The bread is thick country white that never seemed particularly fresh or fragrant. Toasted, it invariably arrived a little burned.

Salad Letdown

Salad greens are ordinary and the dressings nearly tasteless. A notable exception was the chorizo vinaigrette that saturated an assemblage of potato cubes, onions, tomatoes and watercress sitting under pan-seared monkfish that lacked a sear. Yes, sausage dressing. I shudder still.

I love marrow bones, but not these. Tried twice, they refused to be anything but A&P soup bones. The implement of extraction appears to be a sharpened popsicle stick. There's plenty of that extra-crispy toast. Plus sweet onion jam that obliterates everything.

The menu is very large. Here's what to eat: steak.

Well, you can first nibble successfully. The warm goat- cheese profiteroles, delicate, creamy and accented with garlic, are lovely, their only blemish being the price: three modest bites for $11. Even better are the smoked mozzarella-and-ricotta fritters, crunchy outside and creamy within, served with a tomato-sauce dip.

Steak Success

All the beef is extremely good, even though it is graded choice. The steak tartare, made with filet mignon, is chunky, beefy and mustardy. The skirt and the strip steaks, each less than $30, are fatty, juicy and bloody. And since they arrive sitting atop french fries, so are the fries.

With the steaks come perfunctory, plate-filling, minimally dressed greens, the signature embellishment of the Landmarc kitchen.

Let's say four of you want to order four different steaks. Fun, right? Not quite. All come with the same pile of fries. Your immediate reaction -- let's ask for different veggies -- brings immediate rejection.

No substitutions.

Tasty Cones

Of the six house-made mini-desserts, only the creme brulee is just right. (Grainy mousse, too sweet tiramisu -- I could go on.) The alternative is tiny sugar cones filled with ice cream or sorbet from the wonderful il Laboratorio del Gelato on the Lower East Side. Easy decision to make.

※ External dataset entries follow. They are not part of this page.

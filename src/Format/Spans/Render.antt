-- ===== src/Format/Spans/Render.antt =====
-- What `format_local` puts together: the chosen spans' HTML, and the rest of the text escaped.
use fediway.Prelude.{
  ℕ, ◌+◌, ◌≡◌, refl, sym, ap, ◌∙◌, List, [], ◌∷◌, ◌++◌, append_assoc, some, arith, All,
}
use fediway.Format.Characters.{Text, size, size-append, append-between, slice, split_at-whole}
use fediway.Format.Escape.{escape_text}
use fediway.Format.Matches.{Span}
use fediway.Format.Spans.{assemble}
use fediway.Format.Spans.Choice.{IsChain}

-- The span cuts the text into three parts and covers the middle one.
abbrev pub IsPlace : Text → Span → Type 0
IsPlace text s =
    (a : Text) × (m : Text) × (b : Text) × (a ++ (m ++ b) ≡ text)
    × (s.start ≡ size a)
    × (s.end ≡ size a + size m)

-- `Rendered place text spans out`: the text that begins at byte `place`, with the spans that lie in
-- it, reads `out`.
pub data Rendered : ℕ → Text → List Span → Text → Type 0 where
  plain_text : (place : ℕ) (text : Text) → Rendered place text [] (escape_text text)
  linked :
      {place : ℕ} (span : Span) (plain covered ahead : Text) {spans : List Span}
      {text out whole : Text}
      → span.start ≡ place + size plain
      → span.end ≡ span.start + size covered
      → text ≡ plain ++ (covered ++ ahead)
      → whole ≡ escape_text plain ++ (span.html ++ out)
      → Rendered span.end ahead spans out
      → Rendered place text (span ∷ spans) whole

-- `&text[cursor..start]`, behind what is done.
pub slice-between :
    (behind plain ahead text : Text) {cursor start : ℕ}
    → (behind ++ plain) ++ ahead ≡ text
    → size behind ≡ cursor
    → size (behind ++ plain) ≡ start
    → slice cursor start text ≡ some plain
slice-between behind plain ahead text e f g =
    rw (split_at-whole (behind ++ plain) ahead e g, split_at-whole behind plain refl f) refl

assemble-linked :
    (s : Span) (spans : List Span) (plain text out html : Text) (cursor : ℕ)
    → slice cursor s.start text ≡ some plain
    → assemble text s.end ((out ++ escape_text plain) ++ s.html) spans
      ≡ some (((out ++ escape_text plain) ++ s.html) ++ html)
    → assemble text cursor out (s ∷ spans) ≡ some (out ++ (escape_text plain ++ (s.html ++ html)))
unfolding assemble
assemble-linked s spans plain text out html cursor e run =
    rw
      (
        e,
        run,
        append_assoc (out ++ escape_text plain) s.html html,
        append_assoc out (escape_text plain) (s.html ++ html),
      )
      refl

-- Spans that follow each other in the text are rendered, and no slice panics.
pub assemble-Rendered :
    (spans : List Span) (behind ahead text out : Text) {place : ℕ}
    → behind ++ ahead ≡ text
    → size behind ≡ place
    → All (IsPlace text) spans
    → IsChain place spans
    → (html : Text) × (assemble text place out spans ≡ some (out ++ html))
      × Rendered place ahead spans html
assemble-Rendered [] behind ahead text out {place} e at places chain = (
  escape_text ahead,
  unfold assemble in rw (split_at-whole behind ahead e at) refl,
  plain_text place ahead,
)
assemble-Rendered (s ∷ spans) behind ahead text out {place} e at
      ((a, m, b, whole, start, end), places) (lower, chain) =
    let (p, left, right) = append-between behind ahead a (m ++ b) (e ∙ sym whole) (omega arith) in
    let (html, run, rendered) =
      assemble-Rendered spans (a ++ m) b text ((out ++ escape_text p) ++ s.html)
        (append_assoc a m b ∙ whole) (omega (arith, size-append a m)) places chain in
    (
      escape_text p ++ (s.html ++ html),
      assemble-linked s spans p text out html place
          (slice-between behind p (m ++ b) text (rw left whole) at (ap size left ∙ sym start)) run,
      linked s p m b (omega (arith, size-append behind p, ap size left)) (omega arith) right refl
          rendered,
    )
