-- ===== src/Format/Matches/Scan/Places.antt =====
-- Where the words of a text stand.
use fediway.Prelude.{
  ℕ, zero, suc, ◌+◌, ◌≡◌, refl, sym, ap, ◌∙◌, Bool, true, false, ◌&&◌, List, [], ◌∷◌, ◌++◌,
  append_assoc, none, Option, some, arith, ltb, if_cases, All,
}
use fediway.Format.Characters.{Text, size, size-append, starts_with, starts_with-some}
use fediway.Format.Matches.{Span}
use fediway.Format.Matches.Scan.{words, words_from, push_word}
use fediway.Format.Spans.Render.{IsPlace}

push_word-All {κ} :
    (P : Span → Type κ) (is_alphanumeric : ℕ → Bool) (needle html : Text) (hit alone : Bool)
    (place : ℕ) (rest : List Span)
    → (hit ≡ true → P (record { start = place; end = place + size needle; html = html }))
    → All P rest
    → All P (push_word is_alphanumeric needle html (hit && alone) place rest)
push_word-All P is_alphanumeric needle html false alone place rest h k = k
push_word-All P is_alphanumeric needle html true false place rest h k = k
push_word-All P is_alphanumeric needle html true true place rest h k = (h refl, k)

module _ (is_alphanumeric : ℕ → Bool) (needle html text : Text) where
  words_from-All-IsPlace :
      (skip : ℕ) (behind ahead : Text) (before : Option ℕ) {place : ℕ}
      → behind ++ ahead ≡ text
      → size behind ≡ place
      → All (IsPlace text) (words_from is_alphanumeric needle html skip place before ahead)
  unfolding words_from
  words_from-All-IsPlace skip behind [] before e at = tt
  words_from-All-IsPlace (suc skip) behind (c ∷ s) before e at =
      words_from-All-IsPlace skip (behind ++ c ∷ []) s (some c) (append_assoc behind (c ∷ []) s ∙ e)
        (omega (arith, size-append behind (c ∷ [])))
  words_from-All-IsPlace zero behind (c ∷ s) before {place} e at =
      push_word-All (IsPlace text) is_alphanumeric needle html (starts_with needle (c ∷ s)) _ place
        _
        (λ hit.
          let (b, whole) = starts_with-some needle (c ∷ s) hit in
          (behind, needle, b, ap (◌++◌ behind) whole ∙ e, sym at, omega arith))
        (words_from-All-IsPlace _ (behind ++ c ∷ []) s (some c) (append_assoc behind (c ∷ []) s ∙ e)
          (omega (arith, size-append behind (c ∷ []))))

  pub words-All-IsPlace : All (IsPlace text) (words is_alphanumeric needle html text)
  unfolding words
  words-All-IsPlace =
      if_cases (All (IsPlace text)) (ltb (size needle) 2) [] _ (λ _. tt)
        (λ _. words_from-All-IsPlace 0 [] text none refl refl)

Despite so many failings, there remains a lure. Even now, knowing that the fries aren't fresh, the beef isn't prime, the salads are badly dressed and the plate will be a bloody mess, I feel the urge to return. For a steak.

There's a reason so many of us go to restaurants like Landmarc: They're predictable and non-threatening. They deliver dining without complications. Wash your meal down with plenty of well-priced wine and you might obliterate disturbing thoughts that you really shouldn't be enjoying yourself.

The Bloomberg Questions

Cost? Prices range from $7 for a small salad of mixed field greens to $34 for the rib-eye steak or filet mignon (with fries and greens).

Sound level? Industrial decor comes with factory-level decibels.

Date place? Perhaps, if you're going steady with Rosie the Riveter.

Inside tip? Resist attempts to be seated in one of the ``enclosed pods,'' unless you like the idea of dining in a replica of the Gemini space capsule. The ``open pods'' are fine.

Special feature? OK, sometimes the wines are a steal. Try the 1995 Krug Champagne for $240, a perfect match for steak tartare.

Lunch? Yes, and breakfast, too.

Will I be back? I hate to admit it. I will.

Landmarc is at 10 Columbus Circle in the Time Warner Center. Information: +1-212-823-6123; http://www.landmarc- restaurant.com.

(Alan Richman is a restaurant critic for Bloomberg News. The opinions expressed are his own.)